Oleh:
Prof. Dr. Zainal Arifin, MA
Waspada.co.id – Pada tanggal 23 September 2024, Kota Medan telah membuat langkah signifikan dalam dunia pendidikan dengan memberikan beasiswa kepada mahasiswa asal Medan yang akan melanjutkan studi di Timur Tengah. Kerja sama antara Pemerintah Kota Medan dan di antaranya dengan Organisasi Internasional Alumni al-Azhar Indonesia (OIAAI) Sumatera Utara menjadi tonggak sejarah baru dalam pemenuhan kebutuhan pendidikan bagi generasi muda.

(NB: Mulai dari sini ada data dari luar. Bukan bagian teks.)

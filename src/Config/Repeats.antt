-- ===== src/Config/Repeats.antt =====
-- A card that stays in the field of the reader.
use rfid_access.Base.{
  ℕ, ◌≤◌, ◌≡◌, refl, ap, sym, subst, ◌∙◌, ◌⊎◌, inl, inr, Bool, true, false, List, [], ◌∷◌, ltb,
  if◌then◌else◌, Text, eq_text, sub32, Bool-cases, ltb→ge,
}
use rfid_access.Config.{ReaderTask, on_credential, repeat_ms}

-- The credentials that go to the queue, with their times, the last one first, onto those before.
unfoldable pub run : ReaderTask → List (Text × ℕ) → List (Text × ℕ) → ReaderTask × List (Text × ℕ)
unfolding on_credential
run r past [] = (r, past)
run r past ((number, now) ∷ reads) =
    let (r', queued) = on_credential r number now in
    run r' (if queued then (number, now) ∷ past else past) reads

-- Where an entry repeats the one before it, 1.5 s lie between them.
abbrev pub Spaced : List (Text × ℕ) → Type 0
Spaced [] = Unit {0}
Spaced ((n, t) ∷ []) = Unit {0}
Spaced ((n, t) ∷ (m, s) ∷ rest) =
    ((eq_text n m ≡ false) ⊎ (repeat_ms ≤ sub32 t s)) × Spaced ((m, s) ∷ rest)

-- The task remembers the last entry.
Remembers : ReaderTask → List (Text × ℕ) → Type 0
Remembers r [] = Unit {0}
Remembers r ((n, t) ∷ rest) = (r.last_cred ≡ n) × (r.last_cred_ms ≡ t)

on_credential-cases :
    (r : ReaderTask) (number : Text) (now : ℕ)
    → (on_credential r number now ≡ (r, false))
      ⊎ ((on_credential r number now ≡ (record { last_cred = number; last_cred_ms = now }, true))
          × ((eq_text number r.last_cred ≡ false) ⊎ (repeat_ms ≤ sub32 now r.last_cred_ms)))
unfolding on_credential
on_credential-cases r number now = elim (Bool-cases (eq_text number r.last_cred)) [
  | inr k ↦ rw k (inr (refl, inl refl))
  | inl k ↦ elim (Bool-cases (ltb (sub32 now r.last_cred_ms) repeat_ms)) [
    | inl t ↦ rw (k, t) (inl refl)
    | inr t ↦ rw (k, t) (inr (refl, inr (ltb→ge (sub32 now r.last_cred_ms) repeat_ms t)))
  ]
]

queued-Spaced :
    (r : ReaderTask) (past : List (Text × ℕ)) (number : Text) (now : ℕ)
    → Remembers r past
    → Spaced past
    → (eq_text number r.last_cred ≡ false) ⊎ (repeat_ms ≤ sub32 now r.last_cred_ms)
    → Spaced ((number, now) ∷ past)
unfolding Remembers
queued-Spaced r [] number now m s h = tt
queued-Spaced r ((n, t) ∷ past) number now (a, b) s (inl h) =
    (inl (ap (eq_text number) (sym a) ∙ h), s)
queued-Spaced r ((n, t) ∷ past) number now (a, b) s (inr h) =
    (inr (subst (λ (x : ℕ). repeat_ms ≤ sub32 now x) b h), s)

abbrev After : List (Text × ℕ) → Text → ℕ → List (Text × ℕ) → ReaderTask × Bool → Type 0
After past number now reads v =
    Spaced (run v.0 (if v.1 then (number, now) ∷ past else past) reads).1

run-Spaced :
    (r : ReaderTask) (past reads : List (Text × ℕ))
    → Remembers r past
    → Spaced past
    → Spaced (run r past reads).1
unfolding run Remembers
run-Spaced r past [] m s = s
run-Spaced r past ((number, now) ∷ reads) m s = elim (on_credential-cases r number now) [
  | inl same ↦ subst (After past number now reads) (sym same) (run-Spaced r past reads m s)
  | inr (new, h) ↦ subst (After past number now reads) (sym new) (
      run-Spaced (record { last_cred = number; last_cred_ms = now }) ((number, now) ∷ past) reads
        (refl, refl) (queued-Spaced r past number now m s h))
]

-- Whatever the reader reads, where the queue gets the same credential twice in a row there are 1.5 s
-- or more between the two.
pub repeats-Spaced : (r : ReaderTask) (reads : List (Text × ℕ)) → Spaced (run r [] reads).1
unfolding Remembers
repeats-Spaced r reads = run-Spaced r [] reads tt tt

Mahasiswa berprestasi asal Medan kini memiliki kesempatan emas untuk melanjutkan studi di perguruan tinggi ternama di Timur Tengah. Berkat inisiatif Pemerintah Kota Medan yang bekerja sama dengan organisasi keagamaan, program beasiswa ini membuka pintu bagi generasi muda untuk mengembangkan potensi diri dan meraih prestasi di kancah internasional. Dengan bekal ilmu pengetahuan yang mumpuni, diharapkan para penerima beasiswa dapat menjadi pemimpin masa depan yang menginspirasi.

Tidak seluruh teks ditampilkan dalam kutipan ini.